• _EXERCISE DETAILS_: In the entries below, how many lines hold the word "greeting"? Answer with the number only.

Records from a dataset:
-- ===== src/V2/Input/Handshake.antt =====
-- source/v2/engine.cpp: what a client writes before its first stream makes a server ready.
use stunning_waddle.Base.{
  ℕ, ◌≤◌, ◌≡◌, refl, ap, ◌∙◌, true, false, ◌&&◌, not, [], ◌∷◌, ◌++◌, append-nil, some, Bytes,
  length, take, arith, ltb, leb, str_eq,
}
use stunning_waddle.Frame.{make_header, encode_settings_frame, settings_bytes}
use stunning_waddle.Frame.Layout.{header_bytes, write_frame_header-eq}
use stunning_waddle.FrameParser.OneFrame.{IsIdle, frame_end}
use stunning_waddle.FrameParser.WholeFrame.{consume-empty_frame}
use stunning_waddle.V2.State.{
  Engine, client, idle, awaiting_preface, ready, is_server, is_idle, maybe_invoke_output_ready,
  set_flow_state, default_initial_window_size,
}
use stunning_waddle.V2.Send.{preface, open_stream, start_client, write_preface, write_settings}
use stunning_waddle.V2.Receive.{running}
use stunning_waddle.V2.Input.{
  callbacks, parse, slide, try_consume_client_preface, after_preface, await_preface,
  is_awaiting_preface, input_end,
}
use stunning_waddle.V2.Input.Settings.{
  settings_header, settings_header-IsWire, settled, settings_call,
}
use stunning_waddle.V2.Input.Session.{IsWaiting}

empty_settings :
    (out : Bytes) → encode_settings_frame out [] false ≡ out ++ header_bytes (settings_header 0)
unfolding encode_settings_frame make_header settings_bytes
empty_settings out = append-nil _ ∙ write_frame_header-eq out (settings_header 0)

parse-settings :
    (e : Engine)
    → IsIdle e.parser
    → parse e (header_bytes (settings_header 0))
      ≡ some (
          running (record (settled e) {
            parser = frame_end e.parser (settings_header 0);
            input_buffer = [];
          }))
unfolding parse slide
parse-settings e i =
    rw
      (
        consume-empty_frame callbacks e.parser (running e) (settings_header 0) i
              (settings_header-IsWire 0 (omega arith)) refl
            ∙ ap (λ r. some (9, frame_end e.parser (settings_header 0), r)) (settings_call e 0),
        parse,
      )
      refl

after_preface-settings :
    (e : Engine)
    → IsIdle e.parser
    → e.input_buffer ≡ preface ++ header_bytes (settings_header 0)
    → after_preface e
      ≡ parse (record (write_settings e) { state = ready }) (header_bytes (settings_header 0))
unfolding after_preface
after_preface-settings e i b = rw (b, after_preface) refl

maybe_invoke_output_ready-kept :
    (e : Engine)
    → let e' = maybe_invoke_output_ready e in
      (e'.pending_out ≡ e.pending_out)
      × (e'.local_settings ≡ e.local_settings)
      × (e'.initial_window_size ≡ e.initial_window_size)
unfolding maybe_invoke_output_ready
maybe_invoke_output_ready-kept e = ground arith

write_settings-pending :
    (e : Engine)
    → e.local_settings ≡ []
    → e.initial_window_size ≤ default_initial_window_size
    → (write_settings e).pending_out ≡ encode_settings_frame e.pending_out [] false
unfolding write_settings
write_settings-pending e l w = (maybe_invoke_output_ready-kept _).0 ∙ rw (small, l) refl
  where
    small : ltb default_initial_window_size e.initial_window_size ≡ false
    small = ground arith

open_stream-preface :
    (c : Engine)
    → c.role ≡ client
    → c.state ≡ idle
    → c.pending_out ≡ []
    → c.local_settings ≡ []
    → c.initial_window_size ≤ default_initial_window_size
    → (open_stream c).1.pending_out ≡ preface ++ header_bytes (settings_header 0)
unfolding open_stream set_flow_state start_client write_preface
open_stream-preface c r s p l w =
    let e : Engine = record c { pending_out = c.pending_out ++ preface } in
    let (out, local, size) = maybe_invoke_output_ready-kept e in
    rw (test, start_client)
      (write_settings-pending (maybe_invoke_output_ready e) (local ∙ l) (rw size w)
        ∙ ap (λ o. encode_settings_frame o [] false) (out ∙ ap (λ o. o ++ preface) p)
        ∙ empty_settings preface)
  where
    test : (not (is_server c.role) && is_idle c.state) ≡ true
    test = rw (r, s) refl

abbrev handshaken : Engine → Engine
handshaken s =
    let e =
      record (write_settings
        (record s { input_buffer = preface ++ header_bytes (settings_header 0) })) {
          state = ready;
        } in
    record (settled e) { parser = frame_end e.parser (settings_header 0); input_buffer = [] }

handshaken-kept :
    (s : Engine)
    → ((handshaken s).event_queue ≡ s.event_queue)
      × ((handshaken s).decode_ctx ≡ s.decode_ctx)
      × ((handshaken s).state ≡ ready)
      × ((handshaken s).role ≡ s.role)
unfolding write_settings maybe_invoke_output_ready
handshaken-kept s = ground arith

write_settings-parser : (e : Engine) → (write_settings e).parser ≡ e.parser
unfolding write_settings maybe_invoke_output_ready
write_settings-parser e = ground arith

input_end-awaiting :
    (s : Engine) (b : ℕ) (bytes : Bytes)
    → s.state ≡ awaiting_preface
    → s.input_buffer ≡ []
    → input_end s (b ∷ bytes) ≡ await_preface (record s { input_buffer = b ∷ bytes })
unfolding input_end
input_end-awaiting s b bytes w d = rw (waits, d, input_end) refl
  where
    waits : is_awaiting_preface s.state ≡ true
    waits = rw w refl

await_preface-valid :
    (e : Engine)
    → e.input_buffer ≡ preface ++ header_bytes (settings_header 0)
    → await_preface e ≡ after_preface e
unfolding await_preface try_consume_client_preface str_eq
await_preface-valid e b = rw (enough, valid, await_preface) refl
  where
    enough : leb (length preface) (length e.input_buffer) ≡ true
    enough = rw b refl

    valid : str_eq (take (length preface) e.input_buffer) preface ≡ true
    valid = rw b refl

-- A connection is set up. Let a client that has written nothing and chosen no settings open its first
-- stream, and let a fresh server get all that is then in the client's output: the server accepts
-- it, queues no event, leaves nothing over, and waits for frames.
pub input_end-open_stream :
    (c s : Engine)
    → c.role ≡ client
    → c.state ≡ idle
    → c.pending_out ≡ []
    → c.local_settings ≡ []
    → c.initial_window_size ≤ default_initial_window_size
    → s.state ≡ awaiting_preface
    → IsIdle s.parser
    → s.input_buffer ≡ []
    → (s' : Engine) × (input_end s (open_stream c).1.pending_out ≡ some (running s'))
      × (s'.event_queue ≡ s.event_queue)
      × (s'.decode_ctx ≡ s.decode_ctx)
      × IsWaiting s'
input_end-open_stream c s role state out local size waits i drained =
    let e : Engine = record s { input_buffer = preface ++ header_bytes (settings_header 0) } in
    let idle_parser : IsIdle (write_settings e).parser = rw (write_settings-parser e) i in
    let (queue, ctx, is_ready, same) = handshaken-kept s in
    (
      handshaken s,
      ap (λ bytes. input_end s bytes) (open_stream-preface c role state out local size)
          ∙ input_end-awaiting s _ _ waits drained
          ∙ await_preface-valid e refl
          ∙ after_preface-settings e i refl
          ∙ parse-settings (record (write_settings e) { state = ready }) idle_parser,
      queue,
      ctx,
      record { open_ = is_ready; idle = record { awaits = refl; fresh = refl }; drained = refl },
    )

...

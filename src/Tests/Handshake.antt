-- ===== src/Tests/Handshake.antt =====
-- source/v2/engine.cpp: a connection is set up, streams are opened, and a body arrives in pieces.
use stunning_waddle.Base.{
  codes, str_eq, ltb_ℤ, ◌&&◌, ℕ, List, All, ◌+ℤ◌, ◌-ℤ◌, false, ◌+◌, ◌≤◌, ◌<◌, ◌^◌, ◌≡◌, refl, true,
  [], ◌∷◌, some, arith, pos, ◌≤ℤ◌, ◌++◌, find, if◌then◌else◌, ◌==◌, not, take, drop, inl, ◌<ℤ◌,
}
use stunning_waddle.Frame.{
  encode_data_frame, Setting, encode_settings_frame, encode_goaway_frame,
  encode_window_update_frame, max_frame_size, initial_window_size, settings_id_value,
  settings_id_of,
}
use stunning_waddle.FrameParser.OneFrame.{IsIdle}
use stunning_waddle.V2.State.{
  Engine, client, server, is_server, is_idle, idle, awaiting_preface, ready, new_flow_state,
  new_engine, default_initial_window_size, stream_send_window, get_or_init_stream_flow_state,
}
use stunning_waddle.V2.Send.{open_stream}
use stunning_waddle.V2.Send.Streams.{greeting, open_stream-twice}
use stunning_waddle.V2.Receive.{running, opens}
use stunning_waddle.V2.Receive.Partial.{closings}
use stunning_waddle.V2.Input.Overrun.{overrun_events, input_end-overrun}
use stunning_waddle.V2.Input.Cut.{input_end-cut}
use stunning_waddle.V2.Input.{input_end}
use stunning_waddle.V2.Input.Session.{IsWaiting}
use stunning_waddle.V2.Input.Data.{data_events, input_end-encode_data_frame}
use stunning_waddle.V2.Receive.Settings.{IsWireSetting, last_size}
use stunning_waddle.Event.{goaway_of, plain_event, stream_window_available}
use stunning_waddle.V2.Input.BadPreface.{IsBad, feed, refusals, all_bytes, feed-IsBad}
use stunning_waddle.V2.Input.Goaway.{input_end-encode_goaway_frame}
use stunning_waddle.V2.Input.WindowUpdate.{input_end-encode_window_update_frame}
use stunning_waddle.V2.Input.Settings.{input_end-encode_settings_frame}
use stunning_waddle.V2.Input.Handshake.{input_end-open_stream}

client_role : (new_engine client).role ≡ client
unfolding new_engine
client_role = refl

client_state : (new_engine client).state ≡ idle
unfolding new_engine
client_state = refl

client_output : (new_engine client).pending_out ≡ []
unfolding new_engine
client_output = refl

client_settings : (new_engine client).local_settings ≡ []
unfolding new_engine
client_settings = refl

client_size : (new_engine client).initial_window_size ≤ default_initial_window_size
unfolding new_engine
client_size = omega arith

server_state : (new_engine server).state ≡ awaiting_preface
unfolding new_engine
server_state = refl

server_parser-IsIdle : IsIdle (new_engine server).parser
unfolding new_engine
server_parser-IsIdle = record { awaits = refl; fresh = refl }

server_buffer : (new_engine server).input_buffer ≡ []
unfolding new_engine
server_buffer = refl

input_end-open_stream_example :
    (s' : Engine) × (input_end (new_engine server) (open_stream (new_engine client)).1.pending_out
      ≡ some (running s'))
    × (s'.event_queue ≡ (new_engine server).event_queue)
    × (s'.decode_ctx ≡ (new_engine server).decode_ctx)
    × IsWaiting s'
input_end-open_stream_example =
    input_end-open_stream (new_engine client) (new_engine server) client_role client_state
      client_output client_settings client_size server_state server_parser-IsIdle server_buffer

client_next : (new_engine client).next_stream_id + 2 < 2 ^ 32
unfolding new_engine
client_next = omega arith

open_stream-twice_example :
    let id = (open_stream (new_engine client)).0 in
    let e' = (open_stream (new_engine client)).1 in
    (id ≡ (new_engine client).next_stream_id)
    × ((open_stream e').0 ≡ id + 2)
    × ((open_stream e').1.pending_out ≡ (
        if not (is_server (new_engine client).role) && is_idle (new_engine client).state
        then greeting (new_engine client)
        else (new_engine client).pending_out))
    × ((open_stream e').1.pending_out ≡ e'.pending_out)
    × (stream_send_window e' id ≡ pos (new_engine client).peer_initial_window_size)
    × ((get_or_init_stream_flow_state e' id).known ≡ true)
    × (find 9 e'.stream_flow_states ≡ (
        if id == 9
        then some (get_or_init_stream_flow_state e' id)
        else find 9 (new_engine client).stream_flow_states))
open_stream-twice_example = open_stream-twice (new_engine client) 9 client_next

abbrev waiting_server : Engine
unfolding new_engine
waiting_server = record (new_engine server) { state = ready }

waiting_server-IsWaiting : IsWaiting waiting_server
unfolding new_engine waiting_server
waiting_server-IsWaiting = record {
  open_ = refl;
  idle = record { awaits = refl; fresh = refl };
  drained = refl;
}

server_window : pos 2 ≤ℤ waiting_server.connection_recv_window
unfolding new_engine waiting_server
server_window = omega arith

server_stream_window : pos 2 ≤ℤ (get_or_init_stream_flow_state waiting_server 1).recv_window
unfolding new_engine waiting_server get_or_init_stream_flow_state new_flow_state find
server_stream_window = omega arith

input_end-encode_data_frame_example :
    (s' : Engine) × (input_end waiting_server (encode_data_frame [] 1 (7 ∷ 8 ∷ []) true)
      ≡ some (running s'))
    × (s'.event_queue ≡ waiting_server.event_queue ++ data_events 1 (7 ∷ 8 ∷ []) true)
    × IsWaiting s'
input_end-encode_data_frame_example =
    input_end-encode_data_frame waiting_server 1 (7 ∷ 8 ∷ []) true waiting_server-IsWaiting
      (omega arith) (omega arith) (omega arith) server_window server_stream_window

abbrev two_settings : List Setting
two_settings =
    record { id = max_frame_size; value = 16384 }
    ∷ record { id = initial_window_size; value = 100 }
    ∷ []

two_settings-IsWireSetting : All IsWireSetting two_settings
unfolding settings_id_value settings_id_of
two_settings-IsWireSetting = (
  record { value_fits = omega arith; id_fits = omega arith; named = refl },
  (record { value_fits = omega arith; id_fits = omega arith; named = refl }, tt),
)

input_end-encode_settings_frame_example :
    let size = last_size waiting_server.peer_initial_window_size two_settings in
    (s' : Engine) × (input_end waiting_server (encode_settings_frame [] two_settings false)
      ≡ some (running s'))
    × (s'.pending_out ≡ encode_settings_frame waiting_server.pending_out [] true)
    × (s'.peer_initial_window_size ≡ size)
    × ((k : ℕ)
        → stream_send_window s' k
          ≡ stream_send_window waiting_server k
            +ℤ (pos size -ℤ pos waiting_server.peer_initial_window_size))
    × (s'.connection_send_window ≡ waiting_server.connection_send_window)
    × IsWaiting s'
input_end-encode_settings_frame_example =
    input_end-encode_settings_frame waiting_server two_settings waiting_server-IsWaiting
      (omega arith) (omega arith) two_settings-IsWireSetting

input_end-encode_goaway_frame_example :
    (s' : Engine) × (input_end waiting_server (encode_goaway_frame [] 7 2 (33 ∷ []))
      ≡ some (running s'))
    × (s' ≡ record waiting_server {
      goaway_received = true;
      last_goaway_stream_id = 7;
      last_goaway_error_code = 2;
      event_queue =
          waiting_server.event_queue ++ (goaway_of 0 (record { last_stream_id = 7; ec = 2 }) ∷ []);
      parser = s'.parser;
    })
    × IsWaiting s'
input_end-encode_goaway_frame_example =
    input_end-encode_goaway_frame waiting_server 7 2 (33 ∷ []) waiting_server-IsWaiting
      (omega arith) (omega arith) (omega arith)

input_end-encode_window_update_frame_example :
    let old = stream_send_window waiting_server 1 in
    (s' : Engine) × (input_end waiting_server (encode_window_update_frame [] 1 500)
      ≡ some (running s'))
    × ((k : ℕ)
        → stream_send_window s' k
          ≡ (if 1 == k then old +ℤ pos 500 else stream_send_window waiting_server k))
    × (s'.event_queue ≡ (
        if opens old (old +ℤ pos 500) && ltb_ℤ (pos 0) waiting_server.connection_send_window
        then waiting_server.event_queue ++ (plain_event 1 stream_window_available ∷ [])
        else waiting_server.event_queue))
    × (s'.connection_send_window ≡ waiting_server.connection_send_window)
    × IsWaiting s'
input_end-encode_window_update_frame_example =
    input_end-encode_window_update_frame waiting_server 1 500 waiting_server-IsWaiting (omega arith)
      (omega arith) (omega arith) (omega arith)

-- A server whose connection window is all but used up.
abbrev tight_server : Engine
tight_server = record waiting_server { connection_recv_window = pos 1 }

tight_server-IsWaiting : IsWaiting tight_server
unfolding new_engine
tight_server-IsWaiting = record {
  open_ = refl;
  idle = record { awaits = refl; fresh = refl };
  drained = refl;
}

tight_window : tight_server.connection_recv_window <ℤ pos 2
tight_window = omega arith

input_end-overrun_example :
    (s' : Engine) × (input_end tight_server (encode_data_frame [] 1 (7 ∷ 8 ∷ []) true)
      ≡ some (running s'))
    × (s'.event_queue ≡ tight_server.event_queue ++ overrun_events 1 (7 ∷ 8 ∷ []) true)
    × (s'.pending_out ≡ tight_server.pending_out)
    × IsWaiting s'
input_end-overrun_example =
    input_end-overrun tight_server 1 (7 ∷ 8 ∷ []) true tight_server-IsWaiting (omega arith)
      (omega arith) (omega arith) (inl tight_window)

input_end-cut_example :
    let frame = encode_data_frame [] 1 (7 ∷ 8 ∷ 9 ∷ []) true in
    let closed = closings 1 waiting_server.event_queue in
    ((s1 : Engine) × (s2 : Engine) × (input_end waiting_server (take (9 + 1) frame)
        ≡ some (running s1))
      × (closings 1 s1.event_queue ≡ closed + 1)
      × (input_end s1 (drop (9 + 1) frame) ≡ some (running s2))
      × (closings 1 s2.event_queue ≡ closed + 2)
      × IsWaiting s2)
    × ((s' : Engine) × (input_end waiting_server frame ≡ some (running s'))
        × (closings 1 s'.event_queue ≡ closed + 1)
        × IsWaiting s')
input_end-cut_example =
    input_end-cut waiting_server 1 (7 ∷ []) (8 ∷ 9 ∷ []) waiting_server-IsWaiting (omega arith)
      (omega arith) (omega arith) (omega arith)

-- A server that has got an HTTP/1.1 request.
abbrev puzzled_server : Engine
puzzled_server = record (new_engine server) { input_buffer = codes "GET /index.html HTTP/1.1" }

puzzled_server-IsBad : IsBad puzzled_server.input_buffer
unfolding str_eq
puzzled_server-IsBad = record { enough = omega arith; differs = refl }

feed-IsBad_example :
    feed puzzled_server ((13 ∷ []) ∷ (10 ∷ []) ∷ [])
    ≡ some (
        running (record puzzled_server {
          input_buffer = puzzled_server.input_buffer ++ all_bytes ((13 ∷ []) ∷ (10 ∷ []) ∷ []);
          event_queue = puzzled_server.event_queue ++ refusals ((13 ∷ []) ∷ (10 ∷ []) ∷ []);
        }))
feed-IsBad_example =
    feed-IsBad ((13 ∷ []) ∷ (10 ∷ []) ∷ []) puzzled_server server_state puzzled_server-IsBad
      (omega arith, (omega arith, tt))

--

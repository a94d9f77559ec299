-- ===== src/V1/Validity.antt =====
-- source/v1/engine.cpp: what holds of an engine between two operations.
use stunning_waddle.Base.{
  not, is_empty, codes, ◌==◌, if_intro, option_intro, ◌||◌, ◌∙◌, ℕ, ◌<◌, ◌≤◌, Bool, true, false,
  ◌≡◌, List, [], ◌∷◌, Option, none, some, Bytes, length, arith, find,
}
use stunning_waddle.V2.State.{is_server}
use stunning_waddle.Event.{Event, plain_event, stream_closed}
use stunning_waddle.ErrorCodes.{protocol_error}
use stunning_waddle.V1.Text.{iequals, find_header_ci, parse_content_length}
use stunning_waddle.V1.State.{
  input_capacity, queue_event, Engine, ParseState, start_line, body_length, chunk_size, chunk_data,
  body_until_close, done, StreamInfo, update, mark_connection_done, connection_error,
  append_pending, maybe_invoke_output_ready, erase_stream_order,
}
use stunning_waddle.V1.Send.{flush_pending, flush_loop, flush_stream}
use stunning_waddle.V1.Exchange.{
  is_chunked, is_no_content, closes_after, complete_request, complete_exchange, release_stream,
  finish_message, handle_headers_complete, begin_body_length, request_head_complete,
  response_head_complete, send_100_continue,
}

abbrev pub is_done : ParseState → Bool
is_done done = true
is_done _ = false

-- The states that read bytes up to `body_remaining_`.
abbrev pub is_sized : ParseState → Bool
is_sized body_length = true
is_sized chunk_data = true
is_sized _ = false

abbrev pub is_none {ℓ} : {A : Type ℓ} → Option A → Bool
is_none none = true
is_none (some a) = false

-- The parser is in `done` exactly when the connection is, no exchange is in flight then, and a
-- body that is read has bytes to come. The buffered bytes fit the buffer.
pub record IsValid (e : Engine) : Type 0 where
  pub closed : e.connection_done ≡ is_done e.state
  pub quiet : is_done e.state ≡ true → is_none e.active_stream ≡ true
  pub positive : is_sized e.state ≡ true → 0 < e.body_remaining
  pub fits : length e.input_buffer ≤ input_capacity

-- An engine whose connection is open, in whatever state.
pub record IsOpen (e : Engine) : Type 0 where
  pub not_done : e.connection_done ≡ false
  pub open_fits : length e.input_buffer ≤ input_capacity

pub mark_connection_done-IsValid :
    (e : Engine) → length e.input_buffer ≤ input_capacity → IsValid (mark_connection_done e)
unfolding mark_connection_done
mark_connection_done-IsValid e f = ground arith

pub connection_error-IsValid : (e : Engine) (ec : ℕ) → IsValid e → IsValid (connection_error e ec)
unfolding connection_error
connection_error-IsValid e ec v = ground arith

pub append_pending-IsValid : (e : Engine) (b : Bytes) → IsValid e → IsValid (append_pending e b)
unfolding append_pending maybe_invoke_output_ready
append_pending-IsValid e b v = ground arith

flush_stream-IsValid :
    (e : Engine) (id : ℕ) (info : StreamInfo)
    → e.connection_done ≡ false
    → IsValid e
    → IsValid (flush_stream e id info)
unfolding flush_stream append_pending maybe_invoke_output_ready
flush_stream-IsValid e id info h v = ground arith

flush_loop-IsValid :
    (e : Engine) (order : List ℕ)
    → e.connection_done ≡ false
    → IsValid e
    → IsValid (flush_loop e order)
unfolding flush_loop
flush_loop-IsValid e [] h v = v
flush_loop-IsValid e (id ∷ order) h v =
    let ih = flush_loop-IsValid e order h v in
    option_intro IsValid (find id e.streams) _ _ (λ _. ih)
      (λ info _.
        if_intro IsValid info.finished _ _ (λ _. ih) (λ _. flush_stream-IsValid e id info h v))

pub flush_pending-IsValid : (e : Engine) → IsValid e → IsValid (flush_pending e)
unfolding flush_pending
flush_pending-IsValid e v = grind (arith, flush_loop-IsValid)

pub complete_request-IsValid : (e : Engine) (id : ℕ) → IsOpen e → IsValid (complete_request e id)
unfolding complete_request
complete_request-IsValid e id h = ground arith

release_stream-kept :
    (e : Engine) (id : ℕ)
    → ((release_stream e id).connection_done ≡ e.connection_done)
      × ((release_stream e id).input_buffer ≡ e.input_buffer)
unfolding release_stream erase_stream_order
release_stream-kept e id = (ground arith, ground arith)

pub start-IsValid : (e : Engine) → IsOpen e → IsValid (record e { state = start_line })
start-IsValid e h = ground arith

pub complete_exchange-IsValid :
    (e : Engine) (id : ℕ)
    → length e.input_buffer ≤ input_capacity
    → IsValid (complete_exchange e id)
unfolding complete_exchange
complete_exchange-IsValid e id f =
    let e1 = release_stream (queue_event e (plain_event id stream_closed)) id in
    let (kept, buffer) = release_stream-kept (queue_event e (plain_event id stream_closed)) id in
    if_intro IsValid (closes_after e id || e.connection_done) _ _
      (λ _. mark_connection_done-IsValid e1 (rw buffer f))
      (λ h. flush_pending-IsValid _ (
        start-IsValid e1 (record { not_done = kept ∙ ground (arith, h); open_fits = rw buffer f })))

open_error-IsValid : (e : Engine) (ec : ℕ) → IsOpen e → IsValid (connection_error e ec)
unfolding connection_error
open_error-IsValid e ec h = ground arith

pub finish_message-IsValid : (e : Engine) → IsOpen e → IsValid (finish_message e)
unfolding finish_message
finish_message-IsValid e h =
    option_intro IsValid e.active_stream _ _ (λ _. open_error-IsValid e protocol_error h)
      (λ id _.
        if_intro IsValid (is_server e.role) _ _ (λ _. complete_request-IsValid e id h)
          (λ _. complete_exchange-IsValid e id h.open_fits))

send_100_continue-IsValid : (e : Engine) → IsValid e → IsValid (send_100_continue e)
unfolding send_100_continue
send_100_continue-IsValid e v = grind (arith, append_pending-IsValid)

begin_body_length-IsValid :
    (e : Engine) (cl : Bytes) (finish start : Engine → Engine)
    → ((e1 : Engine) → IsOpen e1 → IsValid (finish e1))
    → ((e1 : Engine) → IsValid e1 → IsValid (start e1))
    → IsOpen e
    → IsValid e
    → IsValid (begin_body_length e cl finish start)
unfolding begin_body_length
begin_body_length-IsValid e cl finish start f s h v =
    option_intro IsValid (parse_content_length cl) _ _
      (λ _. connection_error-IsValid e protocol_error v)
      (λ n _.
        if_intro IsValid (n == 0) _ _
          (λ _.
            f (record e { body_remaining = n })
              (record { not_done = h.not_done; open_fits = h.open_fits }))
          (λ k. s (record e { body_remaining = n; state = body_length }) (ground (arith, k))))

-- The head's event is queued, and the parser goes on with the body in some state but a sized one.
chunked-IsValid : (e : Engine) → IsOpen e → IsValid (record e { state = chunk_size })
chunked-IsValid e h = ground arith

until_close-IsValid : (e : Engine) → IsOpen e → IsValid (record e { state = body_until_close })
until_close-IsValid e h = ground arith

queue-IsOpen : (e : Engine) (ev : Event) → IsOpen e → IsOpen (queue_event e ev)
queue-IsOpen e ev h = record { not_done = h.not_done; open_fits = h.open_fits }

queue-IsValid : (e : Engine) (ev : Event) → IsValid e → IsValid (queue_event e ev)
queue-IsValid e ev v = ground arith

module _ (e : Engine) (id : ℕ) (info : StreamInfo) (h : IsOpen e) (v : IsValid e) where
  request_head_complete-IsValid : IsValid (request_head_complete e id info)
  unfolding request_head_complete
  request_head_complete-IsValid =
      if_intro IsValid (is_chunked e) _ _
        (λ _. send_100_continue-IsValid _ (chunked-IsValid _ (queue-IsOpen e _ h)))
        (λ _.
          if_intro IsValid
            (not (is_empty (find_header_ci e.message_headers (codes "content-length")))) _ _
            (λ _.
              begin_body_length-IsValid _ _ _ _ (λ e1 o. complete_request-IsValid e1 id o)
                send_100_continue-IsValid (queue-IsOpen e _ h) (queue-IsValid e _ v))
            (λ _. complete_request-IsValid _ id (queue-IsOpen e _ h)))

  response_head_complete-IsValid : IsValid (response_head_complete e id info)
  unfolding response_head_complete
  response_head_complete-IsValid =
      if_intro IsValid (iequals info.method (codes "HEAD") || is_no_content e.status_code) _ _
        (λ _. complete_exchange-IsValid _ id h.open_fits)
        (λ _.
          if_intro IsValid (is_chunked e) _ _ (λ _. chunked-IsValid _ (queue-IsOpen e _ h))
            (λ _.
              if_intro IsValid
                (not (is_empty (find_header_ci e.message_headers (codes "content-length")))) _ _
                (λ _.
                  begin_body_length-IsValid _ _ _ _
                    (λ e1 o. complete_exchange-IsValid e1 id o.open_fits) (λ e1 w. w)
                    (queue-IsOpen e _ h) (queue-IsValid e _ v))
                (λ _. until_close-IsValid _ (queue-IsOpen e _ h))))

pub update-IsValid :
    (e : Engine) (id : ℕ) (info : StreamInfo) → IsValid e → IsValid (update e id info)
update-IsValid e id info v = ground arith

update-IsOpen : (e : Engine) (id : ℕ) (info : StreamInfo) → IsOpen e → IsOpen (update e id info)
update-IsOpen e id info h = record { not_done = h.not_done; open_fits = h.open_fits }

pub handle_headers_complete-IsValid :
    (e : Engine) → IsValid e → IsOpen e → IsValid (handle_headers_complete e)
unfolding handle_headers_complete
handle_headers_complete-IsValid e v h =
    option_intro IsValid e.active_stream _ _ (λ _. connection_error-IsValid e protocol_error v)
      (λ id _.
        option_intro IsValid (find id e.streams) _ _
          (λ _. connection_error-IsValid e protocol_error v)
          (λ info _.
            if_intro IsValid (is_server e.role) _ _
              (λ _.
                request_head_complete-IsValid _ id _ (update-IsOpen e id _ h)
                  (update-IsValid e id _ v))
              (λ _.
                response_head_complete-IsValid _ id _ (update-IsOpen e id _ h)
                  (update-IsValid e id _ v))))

• _THE COMPLETED TASK_: 2